FC noob here. I have two VB.net files, old.vb and new.vb. The former has 33997 lines, and the latter 34956. The differences are:
- a small utility method was moved to a new Module at the top from its former location around line 15k
- three new methods were added in the body, all in a single block around line 7500
- another two methods were added in a single block around line 12000
- a single method was added near the end, around line 28000
- some very minor changes like WS and spelling in comments, all single-line edits
The customer has a reporting system based on an Excel workflow and has asked for diffs to be recorded in Excel. I started by copying the files into a worksheet side-by side, and then intended to color them to indicate the changes, as well as insert blank lines where required to get the code to line up again. For the list of diffs, I intended to use FC.
For testing, I ran the diffs manually in Notepad++'s Compare tool, which produced a list of about a dozen changes that were lines up exactly like I want. Excellent!
So then I did this:
FC /a /n /w /lb 50000 c:\old.vb c:\new.vb > c:\temp\changes.txt
This produces a list of 257 changes. Only the first item, the moved routine, is listed as a single block. All of the rest are fragments where FC has lined up similar lines of code in totally unrelated parts of the file.
For instance, in the new file I inserted a 25 line method called ReportExpenseImport directly above one called ReportManagementFees. Here is the diff it reports:
here is the second diff, where I have inserted a new method above an existing one:
***** C:\old.vb
7480: End Sub
7481: #If True Then
7482: '----------------------------------------------------------------------------------
7483: Friend Sub ReportManagementFees(Props As List(Of Property))
7484: '
7485: 'WRITES A REPORT OF WHERE THE MANAGEMENT FEES COME FROM
7486: Dim DbF As DBFactory
7487: Dim DS As RecordSet
7488: Dim SQL As String
7489: Dim WS As WorkSheet
***** C:\NEW.VB
7497: End Sub
7498: ''----------------------------------------------------------------------------------
7499: 'Public Sub ReportMissingExpenses(RptId As Integer, Props As List(Of Property))
7500: ' '
7501: ' 'WRITES A REPORT COMPARING THE ACCOUNTS TO THE
7502: ' 'EXPENSES
7503: ' Dim DbA As DBFactory
7504: ' Dim DS As RecordSet
7505: ' Dim WS As WorkSheet
7506: ' Dim R As Integer
7507: ' Dim SQL As String
ReportMissingExpenses is the next method in the file, after ReportManagementFees. So it's matching one old routine with another old one and the actual inserted block isn't listed anywhere that I can see. It seems to be matching on small subsets of the file, wherever there is similar code even a couple of lines long? My feeling is:
I have not set the command line switches properly, perhaps /lb? I tried a number of different values here - too small and I get a resync and the compare fails entirely, anything above that limit (around 1000 lines) and I get the results above. I used 50k in this particular run as that is larger than either file, but even 250000 doesn't change the outcome.

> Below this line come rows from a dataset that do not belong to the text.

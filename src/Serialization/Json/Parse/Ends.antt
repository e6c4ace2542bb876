-- ===== src/Serialization/Json/Parse/Ends.antt =====
-- The parser always ends.
use micro_posix.Prelude.{
  ℕ, zero, suc, refl, sym, subst, true, false, not, Option, none, some, List, [], arith, length,
  ◌+◌, ◌≤◌, ◌<◌, ◌≡◌, ◌||◌, ◌∷◌, ◌==◌, if◌then◌else◌,
}
use micro_posix.Run.{Returns-bind, Returns-map, Returns-if, Returns, ret, returns}
use micro_posix.Serialization.Json.Value.{Libc, Json, null, boolean, no_items, no_fields}
use micro_posix.Serialization.Json.Parser.{
  advance, fail, alloc, Parsed, failed_with, is_digit, span, is_number_byte, Parser, Flags,
  out_of_memory, expected_brace, expected_bracket, unexpected_end, unexpected_character,
  trailing_data,
}
use micro_posix.Serialization.Json.Parse.{
  parse_object, parse_array, null_word, true_word, false_word, dispatch, parse_value, finish,
  json_parse,
}
use micro_posix.Serialization.Json.Parse.Progress.{
  Moves-self, Moves-trans, Advanced, Parses, advance-Moves, length-advance, skip_blank-Returns,
  Moves,
}
use micro_posix.Serialization.Json.Parse.Total.{
  Moves-alloc, Moves-fail_at, Parses-none, Parses-after, parse_string-Parses, parse_word-Parses,
  parse_number-Parses,
}
use micro_posix.Serialization.Json.Parse.Rounds.{
  Goes, Goes-ret, Goes-after, Goes-with_value, array_rounds-Goes, object_rounds-Goes,
}

-- A loop that starts past the opening byte.
Parses-past :
    (p q : Parser)
    → Moves p q
    → length q.ahead < length p.ahead
    → (r : Parsed) → Goes q r
    → Parses p r
Parses-past p q m less r h = Returns-map (λ (out, t). stronger out t) h
  where
    stronger : (out : Option Json) (t : Parser) → Moves q t → Advanced p out t
    stronger none t g = Moves-trans p q t m g
    stronger (some v) t g = (Moves-trans p q t m g, omega (arith, less, g.ahead))

-- The opening byte of an array or an object.
module _ (brace : ℕ) (p p1 : Parser) (wrong loop : Parsed) (m : Moves p p1) (no : Parses p wrong)
    (yes : 1 ≤ length p1.ahead → Goes (advance 1 p1) loop) where
  opening-Parses :
      (l : List ℕ)
      → p1.ahead ≡ l
      → Parses p (elim l [ [] ↦ wrong | c ∷ cs ↦ if not (c == brace) then wrong else loop ])
  opening-Parses [] e = no
  opening-Parses (c ∷ cs) e =
      let some_left : 1 ≤ length p1.ahead = rw e (omega arith) in
      let on = advance-Moves 1 p1 some_left in
      Returns-if (not (c == brace)) (λ t. no)
        (λ t.
          Parses-past p (advance 1 p1) (Moves-trans p p1 _ m on)
            (omega (arith, m.ahead, length-advance 1 p1 some_left)) loop (yes some_left))

module _ (fuel : ℕ) (flags : Flags) (parse : Parser → Parsed) (p : Parser)
    (parses : (q : Parser) → length q.ahead < length p.ahead → Parses q (parse q))
    (enough : length p.ahead ≤ fuel) where
  parse_array-Parses : Parses p (parse_array fuel flags parse p)
  unfolding parse_array
  parse_array-Parses =
      let p1 = (alloc p).1 in
      let m = Moves-alloc p p (Moves-self p) in
      Returns-if (not (alloc p).0) (λ e. Parses-none p p1 m p1.position out_of_memory)
        (λ e.
          opening-Parses b'[' p p1 (failed_with (fail expected_bracket p1)) _ m
            (Parses-none p p1 m p1.position expected_bracket)
            (λ h.
              let l = length-advance 1 p1 h in
              array_rounds-Goes (length p.ahead) parse parses fuel flags 0 no_items (advance 1 p1)
                (omega (arith, l, m.ahead)) (omega (arith, l, m.ahead)))
            p1.ahead refl)

  parse_object-Parses : Parses p (parse_object fuel flags parse p)
  unfolding parse_object
  parse_object-Parses =
      let p1 = (alloc p).1 in
      let m = Moves-alloc p p (Moves-self p) in
      let wrong = fail expected_brace p1 in
      let w = Moves-fail_at p p1 m p1.position expected_brace in
      Returns-if (not (alloc p).0) (λ e. Parses-none p p1 m p1.position out_of_memory)
        (λ e.
          opening-Parses b'{' p p1 (failed_with (alloc wrong).1) _ m
            (returns {a = (none, (alloc wrong).1)} (Moves-alloc p wrong w))
            (λ h.
              let l = length-advance 1 p1 h in
              object_rounds-Goes (length p.ahead) parse parses fuel flags 0 no_fields (advance 1 p1)
                (omega (arith, l, m.ahead)) (omega (arith, l, m.ahead)))
            p1.ahead refl)

  number_byte :
      (c : ℕ) → (c == b'-' || c == b'+' || c == b'.' || is_digit c) ≡ true → is_number_byte c ≡ true
  number_byte c h = ground arith

  number_span : (c : ℕ) (l : List ℕ) → is_number_byte c ≡ true → 1 ≤ span is_number_byte (c ∷ l)
  unfolding span
  number_span c l e = rw e (omega arith)

  dispatch-Parses :
      (libc : Libc) (c : ℕ) (cs : List ℕ)
      → p.ahead ≡ c ∷ cs
      → Parses p (dispatch fuel libc flags parse c p)
  unfolding dispatch
  dispatch-Parses libc c cs e =
      Returns-if (c == b'{') (λ t. parse_object-Parses)
        (λ t.
          Returns-if (c == b'[') (λ t. parse_array-Parses)
            (λ t.
              Returns-if (c == 0x22 || c == 0x27) (λ t. parse_string-Parses flags p)
                (λ t.
                  Returns-if (c == b'n') (λ t. parse_word-Parses null_word null p (omega arith))
                    (λ t.
                      Returns-if (c == b't')
                        (λ t. parse_word-Parses true_word (boolean true) p (omega arith))
                        (λ t.
                          Returns-if (c == b'f')
                            (λ t. parse_word-Parses false_word (boolean false) p (omega arith))
                            (λ t.
                              Returns-if (c == b'-' || c == b'+' || c == b'.' || is_digit c)
                                (λ t. parse_number-Parses libc p (
                                  subst (λ l. 1 ≤ span is_number_byte l) (sym e)
                                    (number_span c cs (number_byte c t))))
                                (λ t.
                                  Returns-if flags.allow_unquoted_keys
                                    (λ t. parse_string-Parses flags p)
                                    (λ t.
                                      Parses-none p p (Moves-self p) p.position
                                        unexpected_character))))))))

parse_value-Parses :
    (fuel : ℕ) (libc : Libc) (flags : Flags) (p : Parser)
    → length p.ahead < fuel
    → Parses p (parse_value fuel libc flags p)
unfolding parse_value
parse_value-Parses zero libc flags p h = absurd (omega arith)
parse_value-Parses (suc fuel) libc flags p h =
    Returns-bind (skip_blank-Returns (suc fuel) flags p h) (λ p1 m.
      first p1 m (λ q l. parse_value-Parses fuel libc flags q (omega (arith, m.ahead))) p1.ahead
        refl)
  where
    parse : Parser → Parsed
    parse q = parse_value fuel libc flags q

    first :
        (p1 : Parser)
        → Moves p p1
        → ((q : Parser) → length q.ahead < length p1.ahead → Parses q (parse q))
        → (l : List ℕ) → p1.ahead ≡ l
        → Parses p (elim l [
          | [] ↦ failed_with (fail unexpected_end p1)
          | c ∷ cs ↦ dispatch fuel libc flags parse c p1
        ])
    first p1 m g [] e = Parses-none p p1 m p1.position unexpected_end
    first p1 m g (c ∷ cs) e =
        Parses-after p p1 m _
          (dispatch-Parses fuel flags parse p1 g (omega (arith, m.ahead)) libc c cs e)

finish-Goes :
    (fuel : ℕ) (flags : Flags) (v : Json) (p : Parser)
    → length p.ahead < fuel
    → Goes p (finish fuel flags v p)
unfolding finish
finish-Goes fuel flags v p h =
    Returns-bind (skip_blank-Returns fuel flags p h) (λ p1 m. cases p1 m p1.ahead)
  where
    cases :
        (p1 : Parser)
        → Moves p p1
        → (l : List ℕ)
        → Goes p (elim l [
          | [] ↦ ret (some v, record p1 { root = some v })
          | c ∷ cs ↦ failed_with (fail trailing_data p1)
        ])
    cases p1 m [] =
        Goes-ret p (record p1 { root = some v })
          (record { input = m.input; ahead = m.ahead; total = m.total }) (some v)
    cases p1 m (c ∷ cs) = Goes-ret p _ (Moves-fail_at p p1 m p1.position trailing_data) none

-- `json_parse` always ends: with more fuel than the input has bytes it gives a result, whatever the
-- input, the flags, the conversions of numbers and the memory that the allocator gives. What is left
-- of the input is a part of it: the bytes that the parser has passed and those ahead are as many as
-- the input has.
pub json_parse-Returns :
    (fuel : ℕ) (libc : Libc) (flags : Flags) (p : Parser)
    → length p.input < fuel
    → Returns
        (λ (out, p'). (p'.input ≡ p.input) × (p'.position + length p'.ahead ≡ length p.input))
        (json_parse fuel libc flags p)
unfolding json_parse
json_parse-Returns fuel libc flags p h =
    Returns-map (λ (out, q) m. (m.input, omega (arith, m.total)))
      (Goes-with_value start _ (finish fuel flags) (parse_value-Parses fuel libc flags start h)
        (λ v q m l. Goes-after start q m _ (finish-Goes fuel flags v q (omega (arith, l)))))
  where
    start : Parser
    start = record p { ahead = p.input; position = 0; error = none; error_position = 0 }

I am misinterpreting the results. Each "break" in FC's output has a start and end line, which as noted above, seem to be misaligned. But perhaps I simply don't understand what it's saying? But in this case, why would it list ~250 changes when there's really only a couple of blocks being added?

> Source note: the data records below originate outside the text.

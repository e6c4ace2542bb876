-- ===== src/Serialization/Json/Parse/Quotes.antt =====
-- The parser on an input that starts with a double quote.
use micro_posix.Prelude.{
  ℕ, suc, refl, Bool, true, false, Option, none, some, List, [], length, ◌^◌, ◌<◌, ◌≡◌, ◌∙◌, ◌⊎◌,
  ◌∷◌, ◌++◌, if◌then◌else◌,
}
use micro_posix.Run.{Returns-bind, Returns-map, Returns, ret, returns}
use micro_posix.Serialization.Json.Value.{Libc, Json, string}
use micro_posix.Serialization.Json.Parser.{
  fail, failed_with, span, skip_whitespace, skip_comment, skip_comments, skip_all, skip_blank,
  parse_string, Parser, Flags, expected_string,
}
use micro_posix.Serialization.Json.Parse.{dispatch, parse_value, finish, json_parse}
use micro_posix.Serialization.Json.Generator.{generate, Generator}
use micro_posix.Serialization.Json.Generator.Text.{escape_all, value_text}
use micro_posix.Serialization.Json.Generator.Refines.{generate-value_text}

-- No value, and the message that a string was expected.
abbrev pub Refused : Option Json × Parser → Type 0
Refused (out, p) = (out ≡ none) × (p.error ≡ some expected_string)

not_comment : (cs : List ℕ) (p : Parser) → skip_comment (0x22 ∷ cs) p ≡ (false, p)
unfolding skip_comment
not_comment [] p = refl
not_comment (d ∷ cs) p = refl

no_comment :
    (b : Bool) (cs : List ℕ) (p : Parser)
    → (if b then skip_comment (0x22 ∷ cs) p else (false, p)) ≡ (false, p)
no_comment true cs p = not_comment cs p
no_comment false cs p = refl

quoted_first : (cs : List ℕ) → Parser → Parser
quoted_first cs p = record p { ahead = 0x22 ∷ cs }

skip_blank-quoted :
    (fuel : ℕ) (flags : Flags) (p : Parser) (cs : List ℕ)
    → skip_blank (suc fuel) flags (quoted_first cs p) ≡ ret (skip_whitespace (quoted_first cs p))
unfolding skip_blank skip_all skip_comments skip_whitespace span quoted_first
skip_blank-quoted fuel flags p cs =
    let q = skip_whitespace (quoted_first cs p) in
    let e = no_comment flags.allow_comments cs q in rw e refl

parse_value-quoted :
    (fuel : ℕ) (libc : Libc) (flags : Flags) (p : Parser) (cs : List ℕ)
    → Returns Refused (parse_value (suc fuel) libc flags (quoted_first cs p))
unfolding parse_value dispatch parse_string skip_whitespace span quoted_first
parse_value-quoted fuel libc flags p cs =
    let e = skip_blank-quoted fuel flags p cs in
    rw e (
      returns {a = (none, fail expected_string (skip_whitespace (quoted_first cs p)))} (refl, refl))

-- The parser refuses each input that starts with a double quote, with the message that a string was
-- expected, whatever the flags and with any fuel but none.
pub json_parse-double_quote :
    (fuel : ℕ) (libc : Libc) (flags : Flags) (p : Parser) (cs : List ℕ)
    → p.input ≡ 0x22 ∷ cs
    → Returns Refused (json_parse (suc fuel) libc flags p)
unfolding json_parse quoted_first
json_parse-double_quote fuel libc flags p cs e =
    let start = record p { input = 0x22 ∷ cs; position = 0; error = none; error_position = 0 } in
    rw e (Returns-bind (parse_value-quoted fuel libc flags start cs) after)
  where
    after :
        (r : Option Json × Parser)
        → Refused r
        → Returns Refused
            (elim r.0 [ none ↦ failed_with r.1 | some v ↦ finish (suc fuel) flags v r.1 ])
    after (none, q) (h, g) = returns {a = (none, q)} (h, g)
    after (some v, q) (h, g) = cc

-- A string that the generator writes is not read back: where there is room for its text, `generate`
-- ends with bytes that `json_parse` refuses, with the message that a string was expected.
pub json_parse-generate_string :
    (fuel : ℕ) (libc : Libc) (flags : Flags) (s : List ℕ) (g : Generator)
    → length (value_text libc g.pretty_print g.indent_level (string s)) < 2 ^ 30
    → g.answers ≡ []
    → (length (value_text libc g.pretty_print g.indent_level (string s)) < g.capacity)
      ⊎ (g.has_realloc ≡ true)
    → Returns
        (λ g'.
          (p : Parser) → p.input ≡ g'.bytes → Returns Refused (json_parse (suc fuel) libc flags p))
        (generate libc (string s) g)
unfolding value_text
json_parse-generate_string fuel libc flags s g small answers fits =
    Returns-map
      (λ g' e p i. json_parse-double_quote fuel libc flags p (escape_all s ++ 0x22 ∷ []) (i ∙ e))
      (generate-value_text libc (string s) g (record {}) small answers fits)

I suspect (1) is the issue, but the documentation is rather sparse. There are very few threads on the topic here on SO and all of the 3rd party sites just scrape MS.
Alternately, if someone is familiar with a better command line tool, I'm happy to try it.
WinMerge is almost the solution.
WinMerge rapidly performed a perfect compare on the two files. I opened the two files and saved the "merge report" to a temp file, and then opened that in VBA as a String(). Each array entry represents a possible diff, but you have to filter out the many informational lines and look for the "command lines" that start with a digit. In my case, there were 1018 lines in the merge file, but only 15 command lines.
The command lines are of the form line1[,line2][a|d|c]line1[,line2]. For instance, if there are new lines added to the newer file, you will get something like "1234a2345,3456". This means 3456-2345 = 1111 have been added to file 2, so to make the two files line up again, you insert 1111 cells below line 1234 in file 1.
It takes a few seconds to do all the inserts, but once complete I ended up with a recreation of the original merge display in Excel.
The almost is that I haven't figured out save out the merge file using the command line. The documentation is rather limited and many entries are marked "TBD". However, since the inner engine appears to be GNU, and the format of the merge report is identical across modern implementations, the same VBA code will work with any modern diff (which, it appears, FC is not).